The Mayor of San Francisco has named D’Arcy Drollinger to serve as the city’s first ever Drag Laureate.
A veteran of San Francisco’s vibrant drag scene, Drollinger will fulfill an 18-month term as the city’s ambassador for the drag and LGBTQ+ community.
“While drag culture is under attack in other parts of the country, in San Francisco we embrace and elevate the amazing drag performers who through their art and advocacy have contributed to our City’s history around civil rights and equity,” said Mayor London Breed in a news release last week.
On top of serving as the spokesperson for San Francisco’s LGBTQ+ community, Drollinger will produce and participate in events and programs that “celebrate the City’s rich drag history and diversity.”
Responsibilities Drollinger is “honored and thrilled” to execute.
“I am proud to live in a city that is pioneering this position while other parts of the U.S. and the world might not be supportive of Drag,” she said. “This role will build bridges and create partnerships, while elevating and celebrating the Art of Drag.”
The Drag Laureate program was formally introduced by Breed in her June 2022 city budget. But its origins can be traced back to August 2020, when the LGBTQ+ Cultural Heritage Task Force of San Francisco, a city-endorsed group responsible for assessing the needs and concerns of the LGBTQ+ community, proposed the idea in a report.

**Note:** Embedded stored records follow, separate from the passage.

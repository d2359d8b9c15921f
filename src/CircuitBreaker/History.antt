-- ===== src/CircuitBreaker/History.antt =====
-- The circuit breaker over whole histories of calls (TransferCore/CircuitBreaker.cpp).
use transfer_udt.Common.{
  ℕ, suc, ◌+◌, ◌*◌, ◌≤◌, ◌<◌, ◌≡◌, refl, ◌↔◌, List, [], ◌∷◌, Bool, true, false, arith, All, map, ap,
}
use transfer_udt.Common.Bytes.{Bytes}
use transfer_udt.CircuitBreaker.{
  CircuitBreaker, State, new, should_attempt, report_success, report_failure, reset,
  is_circuit_open, is_opened, get_failure_count, nanos_per_second,
}

-- A call on the object, with the clock's reading where the method takes one.
pub data Call : Type 0 where
  attempt failure : ℕ → Call
  success manual_reset : Call

unfoldable pub step : CircuitBreaker → Call → CircuitBreaker
step c (Call.attempt now) = (should_attempt now c).0
step c (Call.failure now) = report_failure now c
step c Call.success = report_success c
step c Call.manual_reset = reset c

-- A history, newest call first.
unfoldable pub run : CircuitBreaker → List Call → CircuitBreaker
run c [] = c
run c (e ∷ h) = step (run c h) e

-- The failures since the last success or reset.
abbrev pub consecutive_failures : List Call → ℕ
consecutive_failures [] = 0
consecutive_failures (Call.attempt now ∷ h) = consecutive_failures h
consecutive_failures (Call.failure now ∷ h) = suc (consecutive_failures h)
consecutive_failures (Call.success ∷ h) = 0
consecutive_failures (Call.manual_reset ∷ h) = 0

record Matches (threshold timeout n : ℕ) (c : CircuitBreaker) : Type 0 where
  kept_threshold : c.failure_threshold ≡ threshold
  kept_timeout : c.reset_timeout ≡ timeout
  counted : c.failure_count ≡ n
  closed_below : c.state ≡ State.closed → n < threshold
  below_closed : n < threshold → c.state ≡ State.closed

run-Matches :
    (service : Bytes) (threshold timeout : ℕ) (h : List Call)
    → 0 < threshold
    → Matches threshold timeout (consecutive_failures h) (run (new service threshold timeout) h)
unfolding run new step should_attempt report_success report_failure reset
run-Matches service threshold timeout [] p = ground arith
run-Matches service threshold timeout (Call.attempt now ∷ h) p =
    ground (arith, run-Matches service threshold timeout h p)
run-Matches service threshold timeout (Call.failure now ∷ h) p =
    ground (arith, run-Matches service threshold timeout h p)
run-Matches service threshold timeout (Call.success ∷ h) p =
    ground (arith, run-Matches service threshold timeout h p)
run-Matches service threshold timeout (Call.manual_reset ∷ h) p =
    ground (arith, run-Matches service threshold timeout h p)

-- After any history of calls on a breaker with a positive threshold, the reported count is the
-- number of failures since the last success or reset, and the circuit is closed exactly when that
-- number is below the threshold.
pub closed_iff :
    (service : Bytes) (threshold timeout : ℕ) (h : List Call)
    → 0 < threshold
    → (get_failure_count (run (new service threshold timeout) h) ≡ consecutive_failures h)
      × (((run (new service threshold timeout) h).state ≡ State.closed)
          ↔ (consecutive_failures h < threshold))
unfolding get_failure_count
closed_iff service threshold timeout h p =
    let m = run-Matches service threshold timeout h p in
    (m.counted, (m.closed_below, m.below_closed))

-- The answers to a row of attempts, in order, and the breaker after them.
unfoldable pub attempts : CircuitBreaker → List ℕ → CircuitBreaker × List Bool
attempts c [] = (c, [])
attempts c (now ∷ rest) =
    let r = should_attempt now c in let more = attempts r.0 rest in (more.0, r.1 ∷ more.1)

abbrev Within : CircuitBreaker → ℕ → Type 0
Within c now = (c.last_failure ≤ now) × (now < c.last_failure + c.reset_timeout * nanos_per_second)

attempt_denied :
    (c : CircuitBreaker) (now : ℕ)
    → c.state ≡ State.opened
    → Within c now
    → should_attempt now c ≡ (c, false)
unfolding should_attempt
attempt_denied c now o h = ground arith

attempt_granted :
    (c : CircuitBreaker) (now : ℕ)
    → c.state ≡ State.opened
    → c.last_failure + c.reset_timeout * nanos_per_second ≤ now
    → should_attempt now c ≡ (record c { state = State.half_open }, true)
unfolding should_attempt
attempt_granted c now o h = ground arith

attempts_denied :
    (c : CircuitBreaker) (times : List ℕ)
    → c.state ≡ State.opened
    → All (Within c) times
    → attempts c times ≡ (c, map (λ now. false) times)
unfolding attempts
attempts_denied c [] o h = refl
attempts_denied c (now ∷ rest) o h = rw (attempt_denied c now o h.0, attempts_denied c rest o h.1)

failure_opens :
    (c : CircuitBreaker) (threshold timeout n t : ℕ)
    → Matches threshold timeout n c
    → threshold ≤ n + 1
    → let d = report_failure t c in
      (d.state ≡ State.opened) × (d.last_failure ≡ t) × (d.reset_timeout ≡ timeout)
unfolding report_failure
failure_opens c threshold timeout n t m h = ground arith

-- A failure that brings those since the last success or reset to the threshold or beyond opens the
-- circuit: attempts within the reset timeout of it are all refused and change nothing, and then the
-- first attempt at or after the timeout is granted and makes the circuit half open.
pub opens_for_timeout :
    (service : Bytes) (threshold timeout : ℕ) (h : List Call) (t : ℕ) (times : List ℕ) (later : ℕ)
    → 0 < threshold
    → threshold ≤ consecutive_failures (Call.failure t ∷ h)
    → All (λ now. (t ≤ now) × (now < t + timeout * nanos_per_second)) times
    → t + timeout * nanos_per_second ≤ later
    → let c = run (new service threshold timeout) (Call.failure t ∷ h) in
      (is_circuit_open c ≡ true)
      × (attempts c times ≡ (c, map (λ now. false) times))
      × (should_attempt later (attempts c times).0 ≡ (record c { state = State.half_open }, true))
unfolding run step is_circuit_open
opens_for_timeout service threshold timeout h t times later p q w l =
    (ap is_opened o, denied, rw denied (attempt_granted c later o (rw (lf, rt) l)))
  where
    c : CircuitBreaker
    c = report_failure t (run (new service threshold timeout) h)

    facts : (c.state ≡ State.opened) × (c.last_failure ≡ t) × (c.reset_timeout ≡ timeout)
    facts =
        failure_opens (run (new service threshold timeout) h) threshold timeout
          (consecutive_failures h) t (run-Matches service threshold timeout h p) (omega arith)

    o : c.state ≡ State.opened
    o = facts.0

    lf : c.last_failure ≡ t
    lf = facts.1

    rt : c.reset_timeout ≡ timeout
    rt = facts.2

    denied : attempts c times ≡ (c, map (λ now. false) times)
    denied = attempts_denied c times o (rw (lf, rt) w)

In addition to various approaches, the task force aims to foster collaborations between city agencies and community organizations to achieve artistic opportunities for LGBTQ+ artists. This included working to establish and finance residency programs specifically catering to LGBTQ+ artists.
Carving spaces for queer artists is something Drollinger understands very well as the owner and artistic director of Oasis Cabaret and Nightclub, a venue space for local and touring drag performers. According to CNN, the survival and success of Oasis throughout the pandemic was vital for the city’s drag community.
Drollinger called Oasis a “bit of a hub,” serving as an important space for the drag community.
San Francisco has a storied history when it comes to drag, which has been cherished as an art form and a means of protest. As early as the 1950s, renowned nightclubs like the Black Cat and Finocchio’s attracted diverse audiences, including both LGBTQ+ individuals and heterosexual patrons. Notably, in 1966, the Compton Cafeteria riots took place in San Francisco’s Tenderloin district, serving as a significant act of queer protest that preceded the renowned Stonewall riots in New York City by three years.
“Drag has a long and vital history in San Francisco, as it has been a way for many people to express themselves, find community and advocate for their rights,” said renowned San Francisco drag queen Juanita MORE!. “The art of drag has given birth to many leaders who resisted and protested against oppression and discrimination.”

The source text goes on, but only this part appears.